- Opening titles
- Directed by: William Beaudine
- Screenplay by: Robert Edmunds; A.R. Rawlinson;
- Story by: Samuel Gibson Browne
- Produced by: John Clein
- Starring: Bernice Claire George Curzon Enid Stamp-Taylor
- Production company: Shepperton Studios
- Release date: 11 May 1936;
- Running time: 75 minutes
- Country: United Kingdom
- Language: English

= Two Hearts in Harmony =

1935 film by William Beaudine

Two Hearts in Harmony is a 1935 British musical comedy drama film directed by William Beaudine and starring Bernice Claire, George Curzon and Enid Stamp-Taylor. It was written by Robert Edmunds and A.R. Rawlinson as an adaptation of a story by Samuel Gibson Browne.

== Preservation status ==
The British Film Institute National Archive holds a collection of stills but no film or video materials.

==Plot==
Cabaret singer Micky dislikes the attention of her boss Calvazzi, and looks for other work. She is mistakenly sent to Lord Sheldon, a widower, who wants a governess for his young son Bobby. Micky gets the job, but out of kindness to Calvazzi she secretly continues to do some work at the cabaret. When Sheldon's jealous and scheming fiancée Sheila becomes increasingly unhappy with the situation, Sheldon drops her and finds romance with Micky.

==Cast==
- Bernice Claire as Micky
- George Curzon as Lord Sheldon
- Enid Stamp-Taylor as Sheila
- Nora Williams as Lil
- Gordon Little as Joe
- Guy Middleton as Mario
- Paul Hartley as Bobby
- Eliot Makeham as Wagstaff
- Julian Royce as Carstairs
- Jack Harris and his band as themselves
- Sheila Barrett as Dodo
- Rex Curtis as Butler
- Victor Rietti as Calvazzi
- Betty Thumbling as Pam

== Reception ==
The Monthly Film Bulletin wrote: "This comedy drama, in spite of its banal title, has flashes of real interest. ... The production contains a delightful puppet show, some good singing from Bernice Claire, and some severe tilts at the refined education of Lord Sheldon's son, Bobby, and at the night-club habits of his aristocratic father. ... William Beaudine contributes some nice directoral touches, but some of the scenes are too long nor has the script provided sufficient material to link them. This, aggravated by ragged cutting, in turn bears hardly on the less mature actors, though it allows a player like Eliot Makeham to make much of a single scene. A pleasingly contrived film with some deeper value."

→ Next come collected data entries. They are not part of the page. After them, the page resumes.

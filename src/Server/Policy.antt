-- ===== src/Server/Policy.antt =====
-- The policy of embedded widgets at the creation of a session: `enforce_widget_auth` and
-- `verify_auth_context_value` (rust/smooth-operator-server/src/handler.rs).
use smooth_agent.Base.{ℕ, ◌/◌, String, Bool, false, Option, none, some, string_eq, if◌then◌else◌}
use smooth_agent.Base.Int.{ℤ, pos}
use smooth_agent.Json.{Json, str_field, i64_field}
use smooth_agent.Widget.Origin.{WidgetAuthProvider, agent_widget_auth, origin_allowed}
use smooth_agent.Widget.Context.{HmacCrates, verify_auth_context}
use smooth_agent.Server.Config.{ServerConfig}

-- The parameters of the build and of the moment: whether arithmetic is checked for overflow, the
-- signatures, and the time in milliseconds.
pub record Ambient : Type 0 where
  pub checks : Bool
  pub hmac : HmacCrates
  pub now : ℕ

-- `chrono::Utc::now().timestamp()`
abbrev pub now_unix : Ambient → ℤ
now_unix env = pos (env.now / 1000)

-- `origin.unwrap_or_default()`
abbrev pub origin_or_empty : Option String → String
origin_or_empty none = ""
origin_or_empty (some origin) = origin

-- The check when the key and all three fields are there; `none` is a panic.
abbrev pub verify_fields :
    Ambient → Option String → Option String → Option String → Option ℤ → Option Bool
verify_fields env (some pk) (some user_id) (some signature) (some timestamp) =
    verify_auth_context env.hmac env.checks pk user_id signature timestamp (now_unix env) (pos 60)
verify_fields env (some pk) (some user_id) (some signature) none = some false
verify_fields env (some pk) (some user_id) none t = some false
verify_fields env (some pk) none s t = some false
verify_fields env none u s t = some false

-- What the policy says to a frame: proceed, an error to send, or a panic.
pub data Verdict : Type 0 where
  proceed : Verdict
  denied : (code message : String) → Verdict
  panicked : Verdict

module _ (json : Json) (env : Ambient) where
  open json use {Value, field}

  unfoldable pub verify_auth_context_value : Option String → Value → Option Bool
  verify_auth_context_value public_key ac =
      verify_fields env public_key (str_field json ac "userId") (str_field json ac "signature")
        (i64_field json ac "timestamp")

  -- The context of the frame, if it has one, must verify.
  unfoldable pub check_context : Option String → Option Value → Verdict
  unfolding verify_auth_context_value
  check_context public_key none = proceed
  check_context public_key (some ac) = elim (verify_auth_context_value public_key ac) [
    | none ↦ panicked
    | some verified ↦
        if verified
        then proceed
        else denied "AUTH_CONTEXT_INVALID" "authContext signature failed verification"
  ]

  unfoldable pub enforce_widget_auth :
      WidgetAuthProvider → ServerConfig → Option String → String → Value → Verdict
  unfolding check_context
  enforce_widget_auth provider config origin agent_id parsed =
      elim (agent_widget_auth provider agent_id) [
        | none ↦
            if config.widget_auth_strict
            then denied "AGENT_NOT_AUTHORIZED" "this agent is not registered for embedding"
            else proceed
        | some policy ↦
            if origin_allowed policy.allowed_origins (origin_or_empty origin)
            then check_context policy.public_key (field parsed "authContext")
            else denied "ORIGIN_NOT_ALLOWED" "this origin is not allowed to embed this agent"
      ]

Kine Weekly wrote: "Musical romance, a simple excursion into the realms of modern make-believe, into which is dovetailed such popular elements as a pretty love interest, sly comedy, tuneful songs and agreeable juvenile sentiment. In spite of its flimsy texture, the varied menu manages to fill an hour or so quite pleasantly. ... Bernice Claire makes a promising English screen debut as Micky; she has personal charm, a sense of humour, and a singing voice of more than average quality. George Curzon easily adapts his talents to the quixolic role of Sheldon, and Paul Hartley is likeable as the shrewd and understanding Bobby."